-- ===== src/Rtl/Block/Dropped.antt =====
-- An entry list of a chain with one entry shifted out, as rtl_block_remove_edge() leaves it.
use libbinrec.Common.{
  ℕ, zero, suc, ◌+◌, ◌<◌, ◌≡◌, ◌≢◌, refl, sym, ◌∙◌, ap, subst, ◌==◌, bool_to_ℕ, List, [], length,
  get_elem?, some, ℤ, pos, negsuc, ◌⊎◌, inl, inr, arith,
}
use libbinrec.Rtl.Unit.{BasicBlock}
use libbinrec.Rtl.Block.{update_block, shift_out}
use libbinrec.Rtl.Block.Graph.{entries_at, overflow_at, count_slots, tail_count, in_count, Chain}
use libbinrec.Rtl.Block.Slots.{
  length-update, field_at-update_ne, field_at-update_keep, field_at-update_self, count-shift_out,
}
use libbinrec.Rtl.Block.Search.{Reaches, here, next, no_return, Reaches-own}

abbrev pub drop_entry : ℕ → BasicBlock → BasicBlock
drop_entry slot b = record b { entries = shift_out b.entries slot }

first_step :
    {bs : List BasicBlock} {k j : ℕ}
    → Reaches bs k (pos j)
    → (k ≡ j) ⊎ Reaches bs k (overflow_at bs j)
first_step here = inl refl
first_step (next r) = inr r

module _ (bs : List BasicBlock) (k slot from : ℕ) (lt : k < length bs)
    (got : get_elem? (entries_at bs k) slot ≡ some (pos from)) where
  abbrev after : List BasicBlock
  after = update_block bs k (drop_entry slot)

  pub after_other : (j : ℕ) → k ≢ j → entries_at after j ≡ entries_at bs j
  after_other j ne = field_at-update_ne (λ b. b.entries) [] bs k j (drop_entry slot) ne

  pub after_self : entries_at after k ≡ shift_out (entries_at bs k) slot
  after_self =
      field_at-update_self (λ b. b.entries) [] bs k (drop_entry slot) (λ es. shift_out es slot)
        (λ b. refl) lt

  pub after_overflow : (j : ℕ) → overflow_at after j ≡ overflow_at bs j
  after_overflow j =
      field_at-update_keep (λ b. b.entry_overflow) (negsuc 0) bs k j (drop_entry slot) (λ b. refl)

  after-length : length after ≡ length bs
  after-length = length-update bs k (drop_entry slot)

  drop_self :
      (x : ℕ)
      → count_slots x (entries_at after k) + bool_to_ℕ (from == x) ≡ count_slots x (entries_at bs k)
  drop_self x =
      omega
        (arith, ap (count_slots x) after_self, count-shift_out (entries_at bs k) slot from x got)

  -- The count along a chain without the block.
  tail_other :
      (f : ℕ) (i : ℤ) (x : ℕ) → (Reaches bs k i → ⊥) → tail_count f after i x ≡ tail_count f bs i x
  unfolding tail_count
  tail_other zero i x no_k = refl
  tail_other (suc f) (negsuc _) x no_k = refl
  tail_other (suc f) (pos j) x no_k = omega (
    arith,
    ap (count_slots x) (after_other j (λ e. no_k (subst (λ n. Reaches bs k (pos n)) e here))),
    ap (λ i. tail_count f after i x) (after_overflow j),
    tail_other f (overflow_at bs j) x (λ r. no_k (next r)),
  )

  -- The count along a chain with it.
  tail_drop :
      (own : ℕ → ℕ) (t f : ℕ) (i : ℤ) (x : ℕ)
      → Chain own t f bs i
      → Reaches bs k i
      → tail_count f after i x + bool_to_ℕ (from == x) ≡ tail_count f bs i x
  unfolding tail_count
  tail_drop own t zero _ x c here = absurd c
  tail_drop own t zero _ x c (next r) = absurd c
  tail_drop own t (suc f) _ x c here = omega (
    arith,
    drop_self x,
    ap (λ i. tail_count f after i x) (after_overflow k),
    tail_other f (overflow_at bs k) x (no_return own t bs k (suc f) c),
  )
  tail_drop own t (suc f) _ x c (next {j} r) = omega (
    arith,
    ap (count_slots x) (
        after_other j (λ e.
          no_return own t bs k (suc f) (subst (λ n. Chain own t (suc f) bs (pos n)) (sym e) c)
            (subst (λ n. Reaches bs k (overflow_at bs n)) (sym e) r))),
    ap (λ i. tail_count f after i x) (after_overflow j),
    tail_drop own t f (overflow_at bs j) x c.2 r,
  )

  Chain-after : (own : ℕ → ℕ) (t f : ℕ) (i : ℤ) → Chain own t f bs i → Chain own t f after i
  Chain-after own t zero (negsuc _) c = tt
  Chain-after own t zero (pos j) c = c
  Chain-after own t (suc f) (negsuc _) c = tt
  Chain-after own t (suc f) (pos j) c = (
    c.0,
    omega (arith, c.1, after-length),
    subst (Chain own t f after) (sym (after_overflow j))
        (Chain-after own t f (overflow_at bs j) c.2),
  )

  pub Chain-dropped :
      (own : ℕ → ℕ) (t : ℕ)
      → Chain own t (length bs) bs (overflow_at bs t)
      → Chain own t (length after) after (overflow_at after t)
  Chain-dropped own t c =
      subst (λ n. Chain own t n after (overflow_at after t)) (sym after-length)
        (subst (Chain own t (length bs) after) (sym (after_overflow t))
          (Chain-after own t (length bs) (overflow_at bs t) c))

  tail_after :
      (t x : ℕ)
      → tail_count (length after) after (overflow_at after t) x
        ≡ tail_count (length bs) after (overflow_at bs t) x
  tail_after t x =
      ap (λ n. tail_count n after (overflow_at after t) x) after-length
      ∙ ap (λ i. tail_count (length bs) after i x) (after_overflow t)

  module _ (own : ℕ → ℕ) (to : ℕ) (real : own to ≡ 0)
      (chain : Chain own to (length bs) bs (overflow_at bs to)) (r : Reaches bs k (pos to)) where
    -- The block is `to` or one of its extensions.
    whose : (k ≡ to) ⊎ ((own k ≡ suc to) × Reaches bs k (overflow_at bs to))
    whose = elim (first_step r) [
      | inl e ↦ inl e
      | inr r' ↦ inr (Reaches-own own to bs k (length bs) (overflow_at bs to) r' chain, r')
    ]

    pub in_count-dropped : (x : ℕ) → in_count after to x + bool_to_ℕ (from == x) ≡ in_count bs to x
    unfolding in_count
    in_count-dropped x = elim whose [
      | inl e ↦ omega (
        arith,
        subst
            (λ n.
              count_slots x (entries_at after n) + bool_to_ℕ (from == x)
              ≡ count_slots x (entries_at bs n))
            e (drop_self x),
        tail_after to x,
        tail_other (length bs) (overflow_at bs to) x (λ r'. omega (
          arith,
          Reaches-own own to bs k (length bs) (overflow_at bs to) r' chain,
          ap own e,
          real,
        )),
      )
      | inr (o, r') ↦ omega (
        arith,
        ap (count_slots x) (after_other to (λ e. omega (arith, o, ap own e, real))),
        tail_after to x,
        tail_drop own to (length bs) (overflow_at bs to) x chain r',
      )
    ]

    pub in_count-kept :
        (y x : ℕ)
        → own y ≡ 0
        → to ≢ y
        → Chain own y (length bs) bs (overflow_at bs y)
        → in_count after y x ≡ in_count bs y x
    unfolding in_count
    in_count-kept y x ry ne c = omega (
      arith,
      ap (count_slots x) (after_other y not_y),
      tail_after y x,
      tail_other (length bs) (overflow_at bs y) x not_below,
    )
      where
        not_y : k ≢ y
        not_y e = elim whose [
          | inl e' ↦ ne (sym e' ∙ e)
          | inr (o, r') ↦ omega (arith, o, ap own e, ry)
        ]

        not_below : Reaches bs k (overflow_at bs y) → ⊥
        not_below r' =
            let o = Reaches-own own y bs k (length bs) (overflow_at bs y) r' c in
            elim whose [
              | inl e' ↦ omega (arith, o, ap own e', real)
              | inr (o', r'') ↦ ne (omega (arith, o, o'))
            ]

---

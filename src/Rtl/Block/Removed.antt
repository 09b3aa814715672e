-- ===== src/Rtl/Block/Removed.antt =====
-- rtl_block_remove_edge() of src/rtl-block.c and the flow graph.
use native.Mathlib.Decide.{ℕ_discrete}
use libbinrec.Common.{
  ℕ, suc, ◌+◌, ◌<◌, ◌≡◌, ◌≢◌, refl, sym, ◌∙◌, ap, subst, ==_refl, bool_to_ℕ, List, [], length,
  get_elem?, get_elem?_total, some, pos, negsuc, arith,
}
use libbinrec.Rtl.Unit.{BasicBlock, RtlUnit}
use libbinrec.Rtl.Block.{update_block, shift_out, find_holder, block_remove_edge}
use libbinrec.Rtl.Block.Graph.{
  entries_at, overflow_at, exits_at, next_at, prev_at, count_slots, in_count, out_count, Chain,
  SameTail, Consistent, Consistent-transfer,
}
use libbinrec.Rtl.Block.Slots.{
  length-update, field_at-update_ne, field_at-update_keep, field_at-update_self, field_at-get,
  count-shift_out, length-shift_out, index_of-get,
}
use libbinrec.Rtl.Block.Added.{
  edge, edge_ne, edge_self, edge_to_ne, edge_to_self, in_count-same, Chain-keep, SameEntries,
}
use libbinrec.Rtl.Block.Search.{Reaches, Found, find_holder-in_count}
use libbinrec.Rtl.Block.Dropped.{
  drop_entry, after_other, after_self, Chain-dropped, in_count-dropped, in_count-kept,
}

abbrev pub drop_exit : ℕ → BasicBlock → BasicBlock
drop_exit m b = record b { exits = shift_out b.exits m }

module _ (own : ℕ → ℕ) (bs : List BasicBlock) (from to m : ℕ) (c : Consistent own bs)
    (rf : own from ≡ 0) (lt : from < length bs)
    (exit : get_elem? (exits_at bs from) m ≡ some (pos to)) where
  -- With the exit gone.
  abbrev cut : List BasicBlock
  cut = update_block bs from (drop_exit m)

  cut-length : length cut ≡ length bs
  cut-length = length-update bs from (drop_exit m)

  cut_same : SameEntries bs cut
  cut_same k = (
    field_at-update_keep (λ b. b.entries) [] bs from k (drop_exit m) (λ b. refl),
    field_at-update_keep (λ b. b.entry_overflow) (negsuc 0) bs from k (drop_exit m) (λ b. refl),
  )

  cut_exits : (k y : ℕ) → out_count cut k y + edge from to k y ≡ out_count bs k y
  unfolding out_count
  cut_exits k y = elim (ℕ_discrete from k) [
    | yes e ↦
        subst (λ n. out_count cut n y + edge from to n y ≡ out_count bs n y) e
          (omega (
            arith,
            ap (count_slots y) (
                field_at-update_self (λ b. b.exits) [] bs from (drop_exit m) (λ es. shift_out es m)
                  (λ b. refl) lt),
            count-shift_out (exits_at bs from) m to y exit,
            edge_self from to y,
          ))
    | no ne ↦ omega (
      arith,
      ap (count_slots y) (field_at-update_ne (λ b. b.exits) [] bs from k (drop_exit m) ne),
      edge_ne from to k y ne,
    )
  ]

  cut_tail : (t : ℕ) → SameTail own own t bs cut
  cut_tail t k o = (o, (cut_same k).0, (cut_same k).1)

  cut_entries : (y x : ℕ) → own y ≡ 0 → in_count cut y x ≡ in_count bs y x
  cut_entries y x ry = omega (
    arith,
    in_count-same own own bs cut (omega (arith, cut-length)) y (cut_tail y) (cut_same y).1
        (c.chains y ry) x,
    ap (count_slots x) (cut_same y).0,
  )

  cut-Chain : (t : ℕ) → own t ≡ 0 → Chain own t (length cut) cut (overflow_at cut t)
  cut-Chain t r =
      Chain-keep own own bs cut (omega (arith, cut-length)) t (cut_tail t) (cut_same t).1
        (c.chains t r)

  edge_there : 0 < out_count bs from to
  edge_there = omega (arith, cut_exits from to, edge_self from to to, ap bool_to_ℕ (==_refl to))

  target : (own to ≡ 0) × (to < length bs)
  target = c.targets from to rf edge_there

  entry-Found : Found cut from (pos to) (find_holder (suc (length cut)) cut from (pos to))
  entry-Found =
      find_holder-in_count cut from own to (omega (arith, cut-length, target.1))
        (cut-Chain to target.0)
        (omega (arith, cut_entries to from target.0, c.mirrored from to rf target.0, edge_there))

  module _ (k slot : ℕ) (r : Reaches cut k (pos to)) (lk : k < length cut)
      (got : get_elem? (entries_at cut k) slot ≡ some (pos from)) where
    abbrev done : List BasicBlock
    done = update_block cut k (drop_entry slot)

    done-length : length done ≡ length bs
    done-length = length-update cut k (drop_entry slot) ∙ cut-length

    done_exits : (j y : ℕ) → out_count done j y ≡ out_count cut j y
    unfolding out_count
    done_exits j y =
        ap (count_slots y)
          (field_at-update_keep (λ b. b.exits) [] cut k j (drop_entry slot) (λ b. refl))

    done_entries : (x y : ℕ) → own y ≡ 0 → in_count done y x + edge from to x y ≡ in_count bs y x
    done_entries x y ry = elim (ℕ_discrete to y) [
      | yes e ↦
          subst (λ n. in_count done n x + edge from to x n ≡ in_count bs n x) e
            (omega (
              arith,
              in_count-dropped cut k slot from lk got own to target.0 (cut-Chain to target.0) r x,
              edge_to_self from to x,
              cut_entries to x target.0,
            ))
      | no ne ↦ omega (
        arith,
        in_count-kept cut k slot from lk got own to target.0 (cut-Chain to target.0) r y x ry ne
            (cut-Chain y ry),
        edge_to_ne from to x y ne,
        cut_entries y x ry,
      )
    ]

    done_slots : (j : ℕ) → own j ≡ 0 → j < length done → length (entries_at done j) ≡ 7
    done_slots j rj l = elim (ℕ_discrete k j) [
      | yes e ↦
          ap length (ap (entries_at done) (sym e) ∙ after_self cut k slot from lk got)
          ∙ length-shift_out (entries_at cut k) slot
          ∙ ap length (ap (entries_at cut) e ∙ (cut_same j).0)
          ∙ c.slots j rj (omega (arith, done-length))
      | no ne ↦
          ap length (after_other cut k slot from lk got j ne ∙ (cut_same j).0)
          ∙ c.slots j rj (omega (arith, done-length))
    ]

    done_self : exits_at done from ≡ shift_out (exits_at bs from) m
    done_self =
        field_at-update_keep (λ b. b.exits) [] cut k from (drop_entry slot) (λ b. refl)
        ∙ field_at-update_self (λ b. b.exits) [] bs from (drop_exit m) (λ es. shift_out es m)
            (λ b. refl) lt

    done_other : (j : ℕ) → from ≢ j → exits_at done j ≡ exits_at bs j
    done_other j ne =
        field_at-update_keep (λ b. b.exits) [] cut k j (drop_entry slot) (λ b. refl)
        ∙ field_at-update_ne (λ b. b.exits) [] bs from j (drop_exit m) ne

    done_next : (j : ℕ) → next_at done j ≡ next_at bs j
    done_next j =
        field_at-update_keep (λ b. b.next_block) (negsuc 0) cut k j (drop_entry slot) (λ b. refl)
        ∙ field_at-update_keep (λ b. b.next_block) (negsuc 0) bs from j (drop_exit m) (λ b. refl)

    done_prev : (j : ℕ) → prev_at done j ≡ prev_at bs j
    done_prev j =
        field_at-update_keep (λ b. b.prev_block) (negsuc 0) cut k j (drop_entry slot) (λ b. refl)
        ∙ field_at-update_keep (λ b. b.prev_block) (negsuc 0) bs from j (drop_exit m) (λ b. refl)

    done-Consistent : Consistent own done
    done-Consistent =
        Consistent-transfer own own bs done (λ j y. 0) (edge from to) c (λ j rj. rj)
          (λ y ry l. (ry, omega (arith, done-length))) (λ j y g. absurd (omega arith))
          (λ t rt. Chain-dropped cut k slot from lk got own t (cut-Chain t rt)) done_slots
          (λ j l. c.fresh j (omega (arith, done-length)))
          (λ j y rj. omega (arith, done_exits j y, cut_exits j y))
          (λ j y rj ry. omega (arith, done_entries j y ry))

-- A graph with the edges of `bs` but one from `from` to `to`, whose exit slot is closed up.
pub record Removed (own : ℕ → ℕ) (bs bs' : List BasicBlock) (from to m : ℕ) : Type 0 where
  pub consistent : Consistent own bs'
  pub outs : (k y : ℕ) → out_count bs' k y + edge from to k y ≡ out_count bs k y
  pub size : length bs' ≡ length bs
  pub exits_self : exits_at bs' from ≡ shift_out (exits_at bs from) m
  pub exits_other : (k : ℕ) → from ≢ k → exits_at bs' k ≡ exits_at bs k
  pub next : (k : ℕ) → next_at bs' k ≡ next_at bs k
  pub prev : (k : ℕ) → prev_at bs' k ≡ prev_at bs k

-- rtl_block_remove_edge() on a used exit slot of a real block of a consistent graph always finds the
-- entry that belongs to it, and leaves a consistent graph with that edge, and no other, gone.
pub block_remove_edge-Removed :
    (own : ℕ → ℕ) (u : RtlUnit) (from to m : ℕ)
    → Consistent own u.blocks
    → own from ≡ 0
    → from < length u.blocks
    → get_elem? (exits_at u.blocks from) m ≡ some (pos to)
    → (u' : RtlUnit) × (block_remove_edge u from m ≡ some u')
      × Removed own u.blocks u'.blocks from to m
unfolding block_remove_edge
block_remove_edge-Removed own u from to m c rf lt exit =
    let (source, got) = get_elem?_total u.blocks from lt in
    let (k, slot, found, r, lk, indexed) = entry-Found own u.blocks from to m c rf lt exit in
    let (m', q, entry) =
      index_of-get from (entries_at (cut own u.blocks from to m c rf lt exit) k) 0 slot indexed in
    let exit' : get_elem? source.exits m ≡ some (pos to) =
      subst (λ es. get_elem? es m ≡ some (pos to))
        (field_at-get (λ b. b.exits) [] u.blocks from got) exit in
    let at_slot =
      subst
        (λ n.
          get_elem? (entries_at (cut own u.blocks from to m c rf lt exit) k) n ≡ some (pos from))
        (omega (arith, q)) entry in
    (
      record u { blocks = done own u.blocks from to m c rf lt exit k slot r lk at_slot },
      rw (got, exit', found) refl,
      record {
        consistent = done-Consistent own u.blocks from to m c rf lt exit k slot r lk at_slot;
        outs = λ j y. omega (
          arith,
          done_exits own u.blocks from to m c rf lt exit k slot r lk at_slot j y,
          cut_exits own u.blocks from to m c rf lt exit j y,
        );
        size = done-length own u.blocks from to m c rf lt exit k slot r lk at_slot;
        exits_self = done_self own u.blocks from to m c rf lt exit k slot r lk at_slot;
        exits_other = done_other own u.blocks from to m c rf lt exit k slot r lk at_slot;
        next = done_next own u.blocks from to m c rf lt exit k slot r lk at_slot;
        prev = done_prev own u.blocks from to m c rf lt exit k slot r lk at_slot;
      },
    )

---

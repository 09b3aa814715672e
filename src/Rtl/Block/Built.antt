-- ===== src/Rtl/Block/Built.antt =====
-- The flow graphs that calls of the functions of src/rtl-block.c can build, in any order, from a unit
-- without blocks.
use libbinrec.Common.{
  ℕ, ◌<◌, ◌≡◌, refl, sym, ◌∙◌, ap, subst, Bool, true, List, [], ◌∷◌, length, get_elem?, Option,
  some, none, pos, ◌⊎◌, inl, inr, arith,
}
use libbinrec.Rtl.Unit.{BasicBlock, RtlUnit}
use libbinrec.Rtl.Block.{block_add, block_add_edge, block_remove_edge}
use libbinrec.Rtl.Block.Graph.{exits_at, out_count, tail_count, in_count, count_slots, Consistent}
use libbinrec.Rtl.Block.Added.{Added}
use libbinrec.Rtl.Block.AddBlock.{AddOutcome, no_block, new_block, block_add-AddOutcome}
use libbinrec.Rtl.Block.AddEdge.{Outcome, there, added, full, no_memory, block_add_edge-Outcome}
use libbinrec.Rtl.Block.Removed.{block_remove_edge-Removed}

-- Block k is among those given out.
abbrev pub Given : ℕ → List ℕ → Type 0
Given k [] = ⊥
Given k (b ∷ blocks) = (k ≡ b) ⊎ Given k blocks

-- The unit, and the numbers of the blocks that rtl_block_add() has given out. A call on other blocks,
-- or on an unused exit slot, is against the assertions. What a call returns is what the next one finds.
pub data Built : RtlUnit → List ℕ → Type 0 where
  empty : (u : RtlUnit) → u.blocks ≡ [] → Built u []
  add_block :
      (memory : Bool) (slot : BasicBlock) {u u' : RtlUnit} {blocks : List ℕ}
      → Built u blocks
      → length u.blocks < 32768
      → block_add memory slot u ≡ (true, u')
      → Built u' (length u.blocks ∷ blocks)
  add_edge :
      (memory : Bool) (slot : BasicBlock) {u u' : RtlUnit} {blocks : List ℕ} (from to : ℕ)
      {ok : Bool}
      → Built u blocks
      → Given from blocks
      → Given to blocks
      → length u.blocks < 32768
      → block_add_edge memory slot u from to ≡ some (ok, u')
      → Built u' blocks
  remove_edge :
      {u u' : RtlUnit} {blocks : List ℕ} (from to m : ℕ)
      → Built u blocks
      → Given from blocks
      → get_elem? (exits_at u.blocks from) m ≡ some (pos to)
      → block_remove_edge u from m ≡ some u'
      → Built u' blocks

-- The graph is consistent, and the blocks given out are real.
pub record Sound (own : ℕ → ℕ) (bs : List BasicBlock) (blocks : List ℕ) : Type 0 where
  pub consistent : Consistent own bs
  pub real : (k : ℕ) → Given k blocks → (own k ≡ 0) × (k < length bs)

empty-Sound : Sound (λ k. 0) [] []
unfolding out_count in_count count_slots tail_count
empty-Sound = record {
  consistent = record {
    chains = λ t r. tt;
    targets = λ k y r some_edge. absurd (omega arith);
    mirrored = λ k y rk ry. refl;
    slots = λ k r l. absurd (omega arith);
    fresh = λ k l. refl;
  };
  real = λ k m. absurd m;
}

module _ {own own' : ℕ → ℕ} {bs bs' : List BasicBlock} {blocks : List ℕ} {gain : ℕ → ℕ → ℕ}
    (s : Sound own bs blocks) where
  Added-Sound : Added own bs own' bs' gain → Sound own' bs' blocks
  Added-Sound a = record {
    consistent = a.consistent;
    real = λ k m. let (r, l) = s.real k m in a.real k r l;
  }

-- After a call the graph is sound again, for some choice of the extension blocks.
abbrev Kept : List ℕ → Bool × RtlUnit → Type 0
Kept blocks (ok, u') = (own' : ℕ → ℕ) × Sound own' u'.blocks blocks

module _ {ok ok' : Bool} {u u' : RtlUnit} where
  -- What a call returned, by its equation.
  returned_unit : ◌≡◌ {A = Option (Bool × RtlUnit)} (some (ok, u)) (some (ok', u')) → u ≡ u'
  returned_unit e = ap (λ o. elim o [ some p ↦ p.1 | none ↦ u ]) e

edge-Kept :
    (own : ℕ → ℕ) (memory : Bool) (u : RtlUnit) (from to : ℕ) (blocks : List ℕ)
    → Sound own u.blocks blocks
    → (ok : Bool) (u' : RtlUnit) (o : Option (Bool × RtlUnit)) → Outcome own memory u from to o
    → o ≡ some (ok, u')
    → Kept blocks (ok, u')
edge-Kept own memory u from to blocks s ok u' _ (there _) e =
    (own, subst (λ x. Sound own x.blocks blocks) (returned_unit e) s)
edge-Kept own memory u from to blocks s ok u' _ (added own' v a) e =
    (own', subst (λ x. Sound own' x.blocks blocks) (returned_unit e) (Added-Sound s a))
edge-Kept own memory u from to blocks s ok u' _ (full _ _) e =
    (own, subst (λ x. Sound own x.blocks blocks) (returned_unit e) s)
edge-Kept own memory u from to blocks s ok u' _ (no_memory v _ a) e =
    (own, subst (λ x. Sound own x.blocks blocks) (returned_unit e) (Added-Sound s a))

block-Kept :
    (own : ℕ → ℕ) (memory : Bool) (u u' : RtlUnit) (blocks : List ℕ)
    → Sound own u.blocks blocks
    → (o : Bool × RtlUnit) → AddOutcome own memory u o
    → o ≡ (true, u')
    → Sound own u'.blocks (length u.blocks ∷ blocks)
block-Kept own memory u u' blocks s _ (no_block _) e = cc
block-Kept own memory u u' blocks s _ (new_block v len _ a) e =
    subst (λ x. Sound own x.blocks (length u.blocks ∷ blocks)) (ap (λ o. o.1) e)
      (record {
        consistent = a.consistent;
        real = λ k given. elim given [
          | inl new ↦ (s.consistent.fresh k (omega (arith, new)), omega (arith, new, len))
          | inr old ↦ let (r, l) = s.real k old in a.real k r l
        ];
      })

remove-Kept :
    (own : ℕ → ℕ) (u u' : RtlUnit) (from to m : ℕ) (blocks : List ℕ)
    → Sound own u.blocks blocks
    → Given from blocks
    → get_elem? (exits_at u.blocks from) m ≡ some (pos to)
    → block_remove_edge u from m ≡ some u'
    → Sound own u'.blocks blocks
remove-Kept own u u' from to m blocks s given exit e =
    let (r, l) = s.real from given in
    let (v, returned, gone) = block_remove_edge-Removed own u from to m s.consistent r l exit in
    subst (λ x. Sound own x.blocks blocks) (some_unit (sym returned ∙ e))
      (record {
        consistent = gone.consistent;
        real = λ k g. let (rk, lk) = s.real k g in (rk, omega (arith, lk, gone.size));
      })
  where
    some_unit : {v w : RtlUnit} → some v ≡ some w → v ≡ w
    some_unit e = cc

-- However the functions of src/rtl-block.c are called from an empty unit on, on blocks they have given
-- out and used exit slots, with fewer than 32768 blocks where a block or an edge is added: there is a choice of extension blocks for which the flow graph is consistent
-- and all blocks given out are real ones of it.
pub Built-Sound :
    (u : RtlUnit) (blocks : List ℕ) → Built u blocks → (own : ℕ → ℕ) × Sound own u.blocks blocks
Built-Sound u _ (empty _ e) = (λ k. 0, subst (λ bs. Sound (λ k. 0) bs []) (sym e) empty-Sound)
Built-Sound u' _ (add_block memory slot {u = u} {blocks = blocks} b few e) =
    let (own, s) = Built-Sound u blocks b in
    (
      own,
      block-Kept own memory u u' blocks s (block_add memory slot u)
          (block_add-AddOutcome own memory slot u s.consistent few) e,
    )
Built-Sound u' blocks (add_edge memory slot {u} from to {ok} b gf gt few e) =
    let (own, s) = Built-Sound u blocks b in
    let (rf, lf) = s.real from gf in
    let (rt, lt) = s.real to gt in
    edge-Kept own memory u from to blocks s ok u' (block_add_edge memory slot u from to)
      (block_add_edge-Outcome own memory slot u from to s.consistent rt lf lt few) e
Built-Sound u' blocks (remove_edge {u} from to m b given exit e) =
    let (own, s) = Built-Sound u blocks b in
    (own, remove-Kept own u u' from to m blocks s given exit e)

▸ **Work item**
Find every line in the records that holds the word "empty", then state the count alone.

▸ **Response**
5